_Problem details:_ Across all the lines of the following material, count those that include the word "units" and give only the result.

_Entries supplied:_
───

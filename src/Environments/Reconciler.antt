-- ===== src/Environments/Reconciler.antt =====
-- controllers/clusterenvironment_controller.go: `Reconcile` and the health monitor.
use primaza.Common.{Bool, true, false, not, ◌&&◌, String, List, [], ◌∷◌, ◌++◌, without, contains}
use primaza.Common.{◌==◌, string_eq, if◌then◌else◌}
use primaza.Common.Errors.{
  Error, Result, ok, err, panic, Outcome, is_not_found, ignore_not_found, join,
}
use primaza.Common.Effects.{Action, pure, raise, lift, crash, attempt, ◌>>=◌, ◌>>◌, when}
use primaza.Api.{
  Key, Condition, ClusterEnvironment, SynchronizationStrategy, pull, push, has_deletion_timestamp,
}
use primaza.Cluster.{Cluster, Platform, in_namespace}
use primaza.ControlPlane.{Manifests}
use primaza.ServiceClasses.{cluster_environment_finalizer}
use primaza.Environments.{reconcile_service_namespaces}
use primaza.Environments.Status.{
  Reviews, test_connection, check_excess_permissions, test_namespaces_permissions,
}
use primaza.Environments.Secrets.{retrieve_cluster_context_secret}
use primaza.Environments.Namespaces.{
  ReconcilerConfig, Clients, requested_state, reconcile_state, reconcile_environment_namespaces,
  reconcile_application_namespaces,
}
use primaza.Environments.Informers.{EnvironmentInformers, run_informers}

-- `filterClusterEnvironments`
unfoldable pub live_environments : String → List ClusterEnvironment → List ClusterEnvironment
live_environments name [] = []
live_environments name (ce ∷ rest) =
    let later = live_environments name rest in
    if ce.spec.environment_name == name && not (has_deletion_timestamp ce.meta)
    then ce ∷ later
    else later

abbrev pub with_environment_finalizers : List String → ClusterEnvironment → ClusterEnvironment
with_environment_finalizers l ce = record ce { meta = record (ce.meta) { finalizers = l } }

-- A not-found error of a deletion is passed over.
abbrev pub deletion_ended : {W : Type 0} → Outcome → Action W (Unit {0})
deletion_ended (ok _) = pure tt
deletion_ended (err e) = if is_not_found e then pure tt else raise e
deletion_ended panic = crash

-- `client.IgnoreNotFound` of the error of the finalizer.
abbrev pub finalizer_ended : Outcome → Outcome
finalizer_ended (ok _) = ok tt
finalizer_ended (err e) = ignore_not_found e
finalizer_ended panic = panic

abbrev pub is_pull : SynchronizationStrategy → Bool
is_pull pull = true
is_pull push = false

module _ {W Config : Type 0} (cli : Cluster W) (platform : Platform W Config)
    (reviews : Reviews W Config) (manifests : Manifests) (clients : Clients W Config)
    (config : ReconcilerConfig) (svc app : EnvironmentInformers W Config)
    (set_condition : List Condition → Condition → List Condition)
    (error_text : Error → String) where
  -- `getRelatedClusterEnvironments`
  unfoldable pub related_environments : String → String → Action W (List ClusterEnvironment)
  related_environments namespace name = do
    cee ← cli.cluster_environments.list (in_namespace namespace)
    pure (live_environments name cee)

  unfoldable pub remove_unused_catalog :
      ClusterEnvironment → List ClusterEnvironment → Action W Unit
  remove_unused_catalog ce [] = do
    r ← attempt (
        cli.service_catalogs.delete
          (record { namespace = ce.meta.namespace; name = ce.spec.environment_name }))
    deletion_ended r
  remove_unused_catalog ce (other ∷ ff) = pure tt

  -- `removeServiceCatalogOnDeletedClusterEnvironment`
  unfoldable pub remove_service_catalog_on_deleted_cluster_environment :
      ClusterEnvironment → Action W Unit
  remove_service_catalog_on_deleted_cluster_environment ce = do
    ff ← related_environments ce.meta.namespace ce.spec.environment_name
    remove_unused_catalog ce ff

  -- `finalizeClusterEnvironmentInNamespaces`; the environment that it changes is dropped with the
  -- error.
  unfoldable pub finalize_cluster_environment_in_namespaces :
      ClusterEnvironment → Action W (ClusterEnvironment × Outcome)
  finalize_cluster_environment_in_namespaces ce = do
    (ce', kcfg) ← retrieve_cluster_context_secret cli platform set_condition error_text ce
    r ← attempt (do
      cfg ← lift kcfg
      reconcile_state cli platform manifests clients cfg (requested_state config ce' [] []))
    pure (ce', r)

  -- `finalizeClusterEnvironment`
  unfoldable pub finalize_cluster_environment :
      ClusterEnvironment → Action W (ClusterEnvironment × Outcome)
  finalize_cluster_environment ce = do
    (ce', errnamespace) ← finalize_cluster_environment_in_namespaces ce
    errcatalog ← attempt (remove_service_catalog_on_deleted_cluster_environment ce')
    pure (ce', join errnamespace errcatalog)

  -- The deletion in `Reconcile`.
  unfoldable pub finalize_environment : ClusterEnvironment → Action W Unit
  finalize_environment ce = when (contains ce.meta.finalizers cluster_environment_finalizer) (do
    (ce', outcome) ← finalize_cluster_environment ce
    lift (finalizer_ended outcome)
    cli.cluster_environments.update (
        with_environment_finalizers (without cluster_environment_finalizer ce'.meta.finalizers) ce')
    pure tt)

  -- The finalizer is added where it is missing, and the environment is written.
  unfoldable pub add_environment_finalizer : ClusterEnvironment → Action W ClusterEnvironment
  add_environment_finalizer ce =
      if contains ce.meta.finalizers cluster_environment_finalizer
      then pure ce
      else cli.cluster_environments.update (
          with_environment_finalizers (ce.meta.finalizers ++ (cluster_environment_finalizer ∷ []))
            ce)

  -- From the tests on, with the namespaces that failed.
  unfoldable pub reconcile_tested :
      Config → ClusterEnvironment → List String → List String → Action W Unit
  reconcile_tested cfg ce fann fsnn = do
    ce1 ← cli.cluster_environments.update_status ce
    errns ←
        attempt
          (reconcile_environment_namespaces cli platform manifests clients config cfg ce1 fann fsnn)
    errsns ← attempt (reconcile_service_namespaces cli platform ce1 fsnn)
    errans ← attempt (reconcile_application_namespaces cli platform manifests clients cfg ce1 fann)
    lift (join errns (join errsns errans))
    ce2 ← cli.cluster_environments.update_status ce1
    when (is_pull ce2.spec.synchronization_strategy) (run_informers svc app cfg ce2 fsnn fann)
    cli.cluster_environments.update_status ce2
    pure tt

  -- The tests: an error of the connection, or of the test of permissions, ends the visit.
  unfoldable pub reconcile_connected : Config → ClusterEnvironment → Action W Unit
  reconcile_connected cfg ce = do
    (ce1, connected) ← test_connection set_condition platform reviews cfg ce
    lift connected
    (ce2, _) ← check_excess_permissions set_condition platform reviews cfg ce1
    (ce3, tested) ← test_namespaces_permissions set_condition platform reviews cfg ce2
    (fann, fsnn) ← lift tested
    reconcile_tested cfg ce3 fann fsnn

  unfoldable pub reconcile_environment_found : Result ClusterEnvironment → Action W Unit
  reconcile_environment_found (ok ce) =
      if has_deletion_timestamp ce.meta then finalize_environment ce else (do
        ce0 ← add_environment_finalizer ce
        (ce', kcfg) ← retrieve_cluster_context_secret cli platform set_condition error_text ce0
        cfg ← lift kcfg
        reconcile_connected cfg ce')
  reconcile_environment_found (err e) = lift (ignore_not_found e)
  reconcile_environment_found panic = crash

  -- `ClusterEnvironmentReconciler.Reconcile`
  unfoldable pub reconcile_environment : Key → Action W Unit
  reconcile_environment req = do
    found ← attempt (cli.cluster_environments.get req)
    reconcile_environment_found found
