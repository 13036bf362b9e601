-- ===== src/Positions/Running.antt =====
-- The running position: a calculation can be resumed from any of its rows, the quantity is the sum
-- of what the transactions move, and a closed position carries no cost.
use portfolio_analytics_syst.Prelude.{
  ℕ, false, Option, some, List, [], ◌∷◌, ◌++◌, ◌≡◌, ◌⊎◌, inl, inr, refl, ap, Bool-cases, All,
  str_eq, str_in, upper, sum_by, if◌then◌else◌,
}
use portfolio_analytics_syst.Prelude.Int.{pos, ◌+ℤ◌, neg, is_zero, int_laws, +ℤ_assoc}
use portfolio_analytics_syst.Decimal.{Decimal}
use portfolio_analytics_syst.Events.{TransactionEvent}
use portfolio_analytics_syst.Positions.Logic.{
  Amounts, Position, moved, calculate_next_position, record_position, run_positions, start_from,
  calculate_new_positions,
}

-- The last row, or the anchor when there is none.
abbrev pub last_position : Option Position → List Position → Option Position
last_position anchor [] = anchor
last_position anchor (p ∷ ps) = last_position (some p) ps

-- The rows of a history are those of its first part, and those of the rest calculated from the last
-- row of the first part as the anchor.
pub calculate_new_positions-append :
    (anchor : Option Position) (xs ys : List TransactionEvent) (epoch : ℕ)
    → let first = calculate_new_positions anchor xs epoch in
      calculate_new_positions anchor (xs ++ ys) epoch
      ≡ first ++ calculate_new_positions (last_position anchor first) ys epoch
unfolding calculate_new_positions run_positions
calculate_new_positions-append anchor [] ys epoch = refl
calculate_new_positions-append anchor (x ∷ xs) ys epoch =
    let row = record_position epoch x (calculate_next_position (start_from anchor) x) in
    ap (λ l. row ∷ l) (calculate_new_positions-append (some row) xs ys epoch)

-- What each type of transaction moves, from the business rules: units for trades and transfers,
-- and the amount of money for cash movements.
abbrev pub quantity_effect : TransactionEvent → Decimal
quantity_effect t =
    let kind = upper t.transaction_type in
    if str_eq kind "BUY"
    then t.quantity
    else if str_in kind ("SELL" ∷ "TRANSFER_OUT" ∷ [])
    then neg t.quantity
    else if str_eq kind "DEPOSIT"
    then t.gross_transaction_amount
    else if str_eq kind "TRANSFER_IN"
    then t.quantity
    else if str_in kind ("FEE" ∷ "TAX" ∷ "WITHDRAWAL" ∷ [])
    then neg t.gross_transaction_amount
    else pos 0

moved-quantity :
    (s : Amounts) (t : TransactionEvent) → (moved s t).quantity ≡ s.quantity +ℤ quantity_effect t
unfolding moved
moved-quantity s t =
    let kind = upper t.transaction_type in
    elim (Bool-cases (str_eq kind "BUY")) [
      | inl e ↦ rw e refl
      | inr e ↦ elim (Bool-cases (str_in kind ("SELL" ∷ "TRANSFER_OUT" ∷ []))) [
        | inl f ↦ rw (e, f) (omega int_laws)
        | inr f ↦ elim (Bool-cases (str_eq kind "DEPOSIT")) [
          | inl g ↦ rw (e, f, g) refl
          | inr g ↦ elim (Bool-cases (str_eq kind "TRANSFER_IN")) [
            | inl h ↦ rw (e, f, g, h) refl
            | inr h ↦ elim (Bool-cases (str_in kind ("FEE" ∷ "TAX" ∷ "WITHDRAWAL" ∷ []))) [
              | inl k ↦ rw (e, f, g, h, k) (omega int_laws)
              | inr k ↦ rw (e, f, g, h, k) (omega int_laws)
            ]
          ]
        ]
      ]
    ]

next-quantity :
    (s : Amounts) (t : TransactionEvent)
    → (calculate_next_position s t).quantity ≡ (moved s t).quantity
unfolding calculate_next_position
next-quantity s t = elim (Bool-cases (is_zero (moved s t).quantity)) [
  | inl e ↦ rw e refl
  | inr e ↦ rw e refl
]

-- The quantity of the last row is that of the anchor and what all the transactions move.
pub calculate_new_positions-quantity :
    (anchor : Option Position) (ts : List TransactionEvent) (epoch : ℕ)
    → (start_from (last_position anchor (calculate_new_positions anchor ts epoch))).quantity
      ≡ (start_from anchor).quantity +ℤ sum_by quantity_effect ts
unfolding calculate_new_positions run_positions sum_by
calculate_new_positions-quantity anchor [] epoch = omega int_laws
calculate_new_positions-quantity anchor (t ∷ ts) epoch =
    let start = start_from anchor in
    let row = record_position epoch t (calculate_next_position start t) in
    rw
      (
        calculate_new_positions-quantity (some row) ts epoch,
        next-quantity start t,
        moved-quantity start t,
      )
      (+ℤ_assoc start.quantity (quantity_effect t) (sum_by quantity_effect ts))

-- An open position, or one with no cost.
abbrev pub HasNoIdleCost : Position → Type 0
HasNoIdleCost p =
    (is_zero p.quantity ≡ false) ⊎ (p.cost_basis ≡ pos 0) × (p.cost_basis_local ≡ some (pos 0))

next-HasNoIdleCost :
    (s : Amounts) (t : TransactionEvent) (epoch : ℕ)
    → HasNoIdleCost (record_position epoch t (calculate_next_position s t))
unfolding calculate_next_position
next-HasNoIdleCost s t epoch = elim (Bool-cases (is_zero (moved s t).quantity)) [
  | inl e ↦ inr (rw e (refl, refl))
  | inr e ↦ inl (rw e e)
]

-- Each row that is calculated has an open position, or no cost in either currency.
pub run_positions-HasNoIdleCost :
    (s : Amounts) (ts : List TransactionEvent) (epoch : ℕ)
    → All HasNoIdleCost (run_positions s ts epoch)
unfolding run_positions
run_positions-HasNoIdleCost s [] epoch = tt
run_positions-HasNoIdleCost s (t ∷ ts) epoch = (
  next-HasNoIdleCost s t epoch,
  run_positions-HasNoIdleCost (calculate_next_position s t) ts epoch,
)
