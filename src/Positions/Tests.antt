-- ===== src/Positions/Tests.antt =====
-- The position calculator on a small store, and its theorems there.
use portfolio_analytics_syst.Prelude.{
  count, leb, str_eq, ◌&&◌, ◌+◌, Bool, if◌then◌else◌, ℕ, ◌*◌, ◌<◌, String, Option, none, some, [],
  ◌∷◌, ◌++◌, map, ◌≡◌, refl, arith, All, sum_by, str_eq, upper, str_in, nonempty,
}
use portfolio_analytics_syst.Prelude.Int.{pos, ◌+ℤ◌}
use portfolio_analytics_syst.Prelude.Keys.{key_eq}
use portfolio_analytics_syst.Prelude.Results.{ok}
use portfolio_analytics_syst.Prelude.Sorting.{IsSorted}
use portfolio_analytics_syst.Events.{TransactionEvent, date_of}
use portfolio_analytics_syst.Outbox.Repository.{Outbox}
use portfolio_analytics_syst.Positions.State.{PositionState, find_state}
use portfolio_analytics_syst.Positions.Logic.{
  Position, start_from, run_positions, calculate_new_positions,
}
use portfolio_analytics_syst.Positions.Store.{
  TransactionRow, Store, latest, get_latest_completed_snapshot_date,
}
use portfolio_analytics_syst.Positions.Calculator.{
  recalculate, calculate, events_to_replay, effective_completed_date,
}
use portfolio_analytics_syst.Positions.Running.{
  last_position, calculate_new_positions-append, quantity_effect, calculate_new_positions-quantity,
  HasNoIdleCost, run_positions-HasNoIdleCost,
}
use portfolio_analytics_syst.Positions.Recalculation.{positions_of, recalculate_twice}
use portfolio_analytics_syst.Positions.Epochs.{
  KeepsEpochs, calculate-KeepsEpochs, calculate_stale, calculate_replayed,
}
use portfolio_analytics_syst.Positions.Replay.{
  Replayed, calculate_backdated, events_to_replay-IsSorted,
}

-- 2021-03-01 is 737850.
abbrev trade : String → String → ℕ → ℕ → Option ℕ → TransactionEvent
trade id kind day units epoch = record {
  transaction_id = id;
  portfolio_id = "P";
  instrument_id = "I";
  security_id = "S";
  transaction_date = day * 86400000000;
  transaction_type = kind;
  quantity = pos units;
  price = pos 100;
  gross_transaction_amount = pos (units * 100);
  trade_currency = "USD";
  currency = "USD";
  trade_fee = some (pos 0);
  settlement_date = none;
  net_cost = some (pos (units * 100));
  gross_cost = none;
  realized_gain_loss = none;
  transaction_fx_rate = none;
  net_cost_local = some (pos (units * 100));
  realized_gain_loss_local = none;
  economic_event_id = none;
  linked_transaction_group_id = none;
  calculation_policy_id = none;
  calculation_policy_version = none;
  source_system = none;
  epoch = epoch;
}

abbrev first : TransactionEvent
first = trade "A" "BUY" 737849 10 none

abbrev second : TransactionEvent
second = trade "B" "BUY" 737852 5 none

abbrev state : PositionState
state = record {
  portfolio_id = "P";
  security_id = "S";
  epoch = 1;
  watermark_date = 737860;
  status = "CURRENT";
}

abbrev no_events : Outbox TransactionEvent
no_events = record { next_id = 1; events = [] }

abbrev store : Store
store = record {
  states = state ∷ [];
  history = [];
  next_id = 1;
  snapshots = [];
  transactions = record { id = 1; event = first } ∷ record { id = 2; event = second } ∷ [];
  outbox = no_events;
}

abbrev clock : ℕ → ℕ
clock id = id

two_buys :
    map (λ (p : Position). p.quantity) (calculate_new_positions none (first ∷ second ∷ []) 1)
    ≡ pos 10 ∷ pos 15 ∷ []
unfolding calculate_new_positions run_positions str_eq upper str_in ◌+ℤ◌
two_buys = refl

state_found : find_state ("P", "S") store.states ≡ some state
unfolding find_state key_eq str_eq
state_found = refl

calculate_new_positions-append_example :
    let rows = calculate_new_positions none (first ∷ []) 1 in
    calculate_new_positions none (first ∷ second ∷ []) 1
    ≡ rows ++ calculate_new_positions (last_position none rows) (second ∷ []) 1
calculate_new_positions-append_example =
    calculate_new_positions-append none (first ∷ []) (second ∷ []) 1

calculate_new_positions-quantity_example :
    (start_from
      (last_position none (calculate_new_positions none (first ∷ second ∷ []) 1))).quantity
    ≡ pos 0 +ℤ sum_by quantity_effect (first ∷ second ∷ [])
calculate_new_positions-quantity_example =
    calculate_new_positions-quantity none (first ∷ second ∷ []) 1

no_idle_cost : All HasNoIdleCost (run_positions (start_from none) (first ∷ second ∷ []) 1)
no_idle_cost = run_positions-HasNoIdleCost (start_from none) (first ∷ second ∷ []) 1

recalculate_twice_example :
    let once = recalculate ("P", "S") 737850 1 store in
    positions_of (recalculate ("P", "S") 737850 1 once).history ≡ positions_of once.history
recalculate_twice_example = recalculate_twice ("P", "S") 737850 1 store

calculate-KeepsEpochs_example : KeepsEpochs store (calculate clock first store)
calculate-KeepsEpochs_example = calculate-KeepsEpochs clock first store

calculate_stale_example : calculate clock (trade "A" "BUY" 737849 10 (some 0)) store ≡ ok store
calculate_stale_example =
    calculate_stale clock (trade "A" "BUY" 737849 10 (some 0)) store state 0 state_found refl
      (omega arith)

replayed_event_is_recalculated :
    calculate clock (trade "A" "BUY" 737849 10 (some 1)) store
    ≡ ok (recalculate ("P", "S") (date_of (737849 * 86400000000)) 1 store)
replayed_event_is_recalculated =
    calculate_replayed clock (trade "A" "BUY" 737849 10 (some 1)) store state 1 state_found refl
      (omega arith)

calculate_backdated_example :
    (after : Store) × (calculate clock first store ≡ ok after) × Replayed first state store after
calculate_backdated_example =
    calculate_backdated clock first store state state_found refl before (omega arith)
      (unfold nonempty in refl)
  where
    before : date_of first.transaction_date < effective_completed_date ("P", "S") state store
    before = unfold get_latest_completed_snapshot_date latest in omega arith

abbrev is_purchase : TransactionEvent → Bool
is_purchase t = str_eq t.transaction_type "BUY"

events_to_replay-IsSorted_example :
    IsSorted
      (λ (a b : TransactionEvent). leb a.transaction_date b.transaction_date)
      (events_to_replay first store)
    × (count is_purchase (events_to_replay first store)
        ≡ count
            (λ (r : TransactionRow).
              str_eq "P" r.event.portfolio_id
              && str_eq "S" r.event.security_id
              && is_purchase r.event)
            store.transactions
          + (if is_purchase first then 1 else 0))
events_to_replay-IsSorted_example = events_to_replay-IsSorted first store is_purchase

───

_Answer for this exercise:_ 6